Holding the knife by the blade, Art lifted it from the fuming chamber and held it under a magnifying desk lamp. After studying it for a moment, he leaned back. “Take a look at the tang,” he said.

“Okay. Where do I look to see the tang?”

He laughed. “The tang is the part of the blade the handle is riveted to,” he said. “This knife has a thick blade, so the tang’s thick, too — an eighth of an inch, maybe three-sixteenths. That handle is horn, which is hard to print, but the metal tang can actually be etched by the oil in a fingerprint. Look right there,” he said, pointing to a spot near the guard that separated the tang from the sharpened edge of the blade. Dozens of closely spaced lines crossed the tang, with one tiny swirl at the center. “That’s a pretty good print,” he said.

“But it’s less than a quarter-inch wide,” I said. “Is that enough to match to anything?”

Art picked up a printout that showed a complete set of prints. “Look at the right thumb,” he said.
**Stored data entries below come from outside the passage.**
-- ===== src/System/Reservations.antt =====
-- The keys of the reservations of payouts (frontend/convex/payouts.ts) in the ledger, under the
-- mutations of `Op`.
use bling.Prelude.{
  ℕ, ◌≡◌, inl, inr, true, false, arith, some, is_some, List, subst, ap, Option-cases,
}
use bling.Prelude.Result.{ok}
use bling.Store.Interface.{Convex}
use bling.Store.Queries.{get, insert, get-insert}
use bling.Schema.Docs.{LedgerEntry}
use bling.Schema.State.{Env, Db, Ledger}
use bling.Ledger.Posting.{post_entry-cases, posted}
use bling.Ledger.Operations.{Posts, Postings, done, more, is_reservation}
use bling.Payouts.Settled.{ItemsKept}
use bling.Payouts.Reserving.{ItemsKnown}
use bling.System.{Op, run, serve, serve_induction}
use bling.System.Kept.{run-Keeps}
use bling.System.Money.{run-MoneyStep}

module _ ⦃c : Convex⦄ where
  Posts-reservation :
      (l l' : Ledger) (i : ℕ) (e : LedgerEntry)
      → Posts false l l'
      → is_reservation e.idempotency_key ≡ true
      → get l'.entries i ≡ some e
      → get l.entries i ≡ some e
  Posts-reservation l l' i e (inl same) kind at_i = ground (arith, at_i, ap (λ m. m.entries) same)
  Posts-reservation l l' i e (inr (d, eq, other)) kind at_i = elim (post_entry-cases d l) [
    | inl kept ↦
        subst (λ (m : Ledger). get m.entries i ≡ some e) {x = l'} {y = l} (ground arith) at_i
    | inr (added, free) ↦
        let there : get (insert d l.entries) i ≡ some e =
          subst (λ (m : Ledger). get m.entries i ≡ some e) {x = l'} {y = posted d l} (ground arith)
            at_i in
        ground (arith, get-insert d l.entries i, there, kind, other)
  ]

  -- Only the mutation that reserves payouts adds an entry under the key of a reservation.
  Postings-reservation :
      (l l' : Ledger) (i : ℕ) (e : LedgerEntry)
      → Postings false l l'
      → is_reservation e.idempotency_key ≡ true
      → get l'.entries i ≡ some e
      → get l.entries i ≡ some e
  Postings-reservation l l' i e (done same) kind at_i =
      subst (λ (m : Ledger). get m.entries i ≡ some e) same at_i
  Postings-reservation l l' i e (more m p rest) kind at_i =
      Posts-reservation l m i e p kind (Postings-reservation m l' i e rest kind at_i)

  run-ItemsKnown :
      (env : Env) (op : Op) (db db' : Db) → run env op db ≡ ok db' → ItemsKnown db → ItemsKnown db'
  unfolding ItemsKept
  run-ItemsKnown env op db db' h known =
      let step = run-MoneyStep env op db db' h in
      elim step.known [
        | inr keeps ↦ keeps known
        | inl quiet ↦ λ i item_id e at_i key.
            let before =
              Postings-reservation db.ledger db'.ledger i e
                (subst (λ b. Postings b db.ledger db'.ledger) quiet step.posts)
                (ap is_reservation key) at_i in
            elim (Option-cases (get db.payouts.items item_id)) [
              | inl gone ↦ ground (arith, known i item_id e before key)
              | inr (item, there) ↦
                  let (b, at_id, same) = (run-Keeps env op db db' h).kept item_id item there in
                  ap is_some at_id
            ]
      ]

  -- Whatever mutations of `Op` run, with any arguments, by any users and in any order, errors included:
  -- from a state in which every entry under the key of a payout's reservation belongs to a payout that
  -- exists, the state after them is again such a state.
  pub serve-ItemsKnown :
      (db : Db) (history : List (Env × Op)) → ItemsKnown db → ItemsKnown (serve db history)
  serve-ItemsKnown db history known = serve_induction ItemsKnown run-ItemsKnown db history known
I took the page and held it under the magnifying glass. “What do you think?”

“That loop in the center has the same little break as the one on the knife,” I said. “I think it’s the same print.”

“I think so, too,” he said, “and I’m pretty good at this stuff.”

I glanced at the words on the paper. The prints had been reproduced from a U.S. government security clearance file. “Damn,” I said. “He didn’t go gentle into that good night, did he?”